Your response needs to be the data below, retyped exactly.

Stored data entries
# # # # # # #
-- ===== src/Event/Manager/Post.antt =====
-- Posting: which queue an event goes to, and what is counted.
use qaiosplus.Base.{
  ℕ, ◌+◌, ◌≡◌, refl, ap, Bool, true, false, List, [], ◌∷◌, ◌++◌, arith, ltb, ◌==◌, if◌then◌else◌,
  u64, length, Bool-cases, inl, inr,
}
use qaiosplus.Event.{Event, immediate}
use qaiosplus.Event.Queue.Ring.{contents, IsValid}
use qaiosplus.Event.Queue.Order.{enqueue}
use qaiosplus.Event.Queue.Push.{push-contents}
use qaiosplus.Event.Immediate.Ring.{waiting, IsSound, push_waits}
use qaiosplus.Event.Manager.{Manager, post_event, post_urgent, post_main}

-- What both queues hold, the drop counter, and the answer of a post.
abbrev pub Posted : Type 0
Posted = List Event × List Event × ℕ × Bool

-- The post on the lists: an immediate event waits behind the others while fewer than 16 wait; any
-- other goes to its place in the main list while that has fewer than 256.
pub posted : Event → List Event → List Event → ℕ → Posted
posted e us es dropped =
    if e.priority == immediate
    then (if ltb (length us) 16
        then (us ++ (e ∷ []), es, dropped, true)
        else (us, es, u64 (dropped + 1), false))
    else (if ltb (length es) 256
        then (us, enqueue e es, dropped, true)
        else (us, es, u64 (dropped + 1), false))

abbrev pub seen : Manager × Bool → Posted
seen (m, b) = (waiting m.urgent, contents m.main, m.total_dropped, b)

seen-post_urgent :
    (m : Manager) (e : Event)
    → IsSound m.urgent
    → seen (post_urgent m e) ≡ (
        if ltb (length (waiting m.urgent)) 16
        then (waiting m.urgent ++ (e ∷ []), contents m.main, m.total_dropped, true)
        else (waiting m.urgent, contents m.main, u64 (m.total_dropped + 1), false))
unfolding post_urgent
seen-post_urgent m e s =
    let p = push_waits m.urgent e s in
    elim (Bool-cases (ltb (length (waiting m.urgent)) 16)) [
      | inl t ↦ let q = rw t at p.0 in let b = rw t at p.1 in rw (t, post_urgent, b, q) refl
      | inr t ↦ let b = rw t at p.1 in rw (t, post_urgent, b) refl
    ]

seen-post_main :
    (m : Manager) (e : Event)
    → IsValid m.main
    → seen (post_main m e) ≡ (
        if ltb (length (contents m.main)) 256
        then (waiting m.urgent, enqueue e (contents m.main), m.total_dropped, true)
        else (waiting m.urgent, contents m.main, u64 (m.total_dropped + 1), false))
unfolding post_main
seen-post_main m e v =
    let p = push-contents m.main e v in
    elim (Bool-cases (ltb (length (contents m.main)) 256)) [
      | inl t ↦ let q = rw t at p.0 in let b = rw t at p.1 in rw (t, post_main, b, q) refl
      | inr t ↦ let b = rw t at p.1 in rw (t, post_main, b) refl
    ]

post_immediate :
    (m : Manager) (e : Event)
    → m.initialized ≡ true
    → (e.priority == immediate) ≡ true
    → post_event m e ≡ post_urgent m e
unfolding post_event
post_immediate m e i t = ground arith

post_other :
    (m : Manager) (e : Event)
    → m.initialized ≡ true
    → (e.priority == immediate) ≡ false
    → post_event m e ≡ post_main m e
unfolding post_event
post_other m e i t = ground arith

-- `postEvent` on an initialized manager: an event of priority `Immediate` is put last in the
-- immediate queue, and any other at its place in the main queue; a queue that is full drops the event,
-- which is counted and answered `false`, and both queues are then as they were.
pub post_event-posted :
    (m : Manager) (e : Event)
    → m.initialized ≡ true
    → IsSound m.urgent
    → IsValid m.main
    → seen (post_event m e) ≡ posted e (waiting m.urgent) (contents m.main) m.total_dropped
unfolding posted
post_event-posted m e i s v = elim (Bool-cases (e.priority == immediate)) [
  | inl t ↦ rw (t, ap seen (post_immediate m e i t)) (seen-post_urgent m e s)
  | inr t ↦ rw (t, ap seen (post_other m e i t)) (seen-post_main m e v)
]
# # # # # # #
RESULT OF THIS TASK »
-- ===== src/Event/Manager/Post.antt =====
-- Posting: which queue an event goes to, and what is counted.
use qaiosplus.Base.{
  ℕ, ◌+◌, ◌≡◌, refl, ap, Bool, true, false, List, [], ◌∷◌, ◌++◌, arith, ltb, ◌==◌, if◌then◌else◌,
  u64, length, Bool-cases, inl, inr,
}
use qaiosplus.Event.{Event, immediate}
use qaiosplus.Event.Queue.Ring.{contents, IsValid}
use qaiosplus.Event.Queue.Order.{enqueue}
use qaiosplus.Event.Queue.Push.{push-contents}
use qaiosplus.Event.Immediate.Ring.{waiting, IsSound, push_waits}
use qaiosplus.Event.Manager.{Manager, post_event, post_urgent, post_main}

-- What both queues hold, the drop counter, and the answer of a post.
abbrev pub Posted : Type 0
Posted = List Event × List Event × ℕ × Bool

-- The post on the lists: an immediate event waits behind the others while fewer than 16 wait; any
-- other goes to its place in the main list while that has fewer than 256.
pub posted : Event → List Event → List Event → ℕ → Posted
posted e us es dropped =
    if e.priority == immediate
    then (if ltb (length us) 16
        then (us ++ (e ∷ []), es, dropped, true)
        else (us, es, u64 (dropped + 1), false))
    else (if ltb (length es) 256
        then (us, enqueue e es, dropped, true)
        else (us, es, u64 (dropped + 1), false))

abbrev pub seen : Manager × Bool → Posted
seen (m, b) = (waiting m.urgent, contents m.main, m.total_dropped, b)

seen-post_urgent :
    (m : Manager) (e : Event)
    → IsSound m.urgent
    → seen (post_urgent m e) ≡ (
        if ltb (length (waiting m.urgent)) 16
        then (waiting m.urgent ++ (e ∷ []), contents m.main, m.total_dropped, true)
        else (waiting m.urgent, contents m.main, u64 (m.total_dropped + 1), false))
unfolding post_urgent
seen-post_urgent m e s =
    let p = push_waits m.urgent e s in
    elim (Bool-cases (ltb (length (waiting m.urgent)) 16)) [
      | inl t ↦ let q = rw t at p.0 in let b = rw t at p.1 in rw (t, post_urgent, b, q) refl
      | inr t ↦ let b = rw t at p.1 in rw (t, post_urgent, b) refl
    ]

seen-post_main :
    (m : Manager) (e : Event)
    → IsValid m.main
    → seen (post_main m e) ≡ (
        if ltb (length (contents m.main)) 256
        then (waiting m.urgent, enqueue e (contents m.main), m.total_dropped, true)
        else (waiting m.urgent, contents m.main, u64 (m.total_dropped + 1), false))
unfolding post_main
seen-post_main m e v =
    let p = push-contents m.main e v in
    elim (Bool-cases (ltb (length (contents m.main)) 256)) [
      | inl t ↦ let q = rw t at p.0 in let b = rw t at p.1 in rw (t, post_main, b, q) refl
      | inr t ↦ let b = rw t at p.1 in rw (t, post_main, b) refl
    ]

post_immediate :
    (m : Manager) (e : Event)
    → m.initialized ≡ true
    → (e.priority == immediate) ≡ true
    → post_event m e ≡ post_urgent m e
unfolding post_event
post_immediate m e i t = ground arith

post_other :
    (m : Manager) (e : Event)
    → m.initialized ≡ true
    → (e.priority == immediate) ≡ false
    → post_event m e ≡ post_main m e
unfolding post_event
post_other m e i t = ground arith

-- `postEvent` on an initialized manager: an event of priority `Immediate` is put last in the
-- immediate queue, and any other at its place in the main queue; a queue that is full drops the event,
-- which is counted and answered `false`, and both queues are then as they were.
pub post_event-posted :
    (m : Manager) (e : Event)
    → m.initialized ≡ true
    → IsSound m.urgent
    → IsValid m.main
    → seen (post_event m e) ≡ posted e (waiting m.urgent) (contents m.main) m.total_dropped
unfolding posted
post_event-posted m e i s v = elim (Bool-cases (e.priority == immediate)) [
  | inl t ↦ rw (t, ap seen (post_immediate m e i t)) (seen-post_urgent m e s)
  | inr t ↦ rw (t, ap seen (post_other m e i t)) (seen-post_main m e v)
]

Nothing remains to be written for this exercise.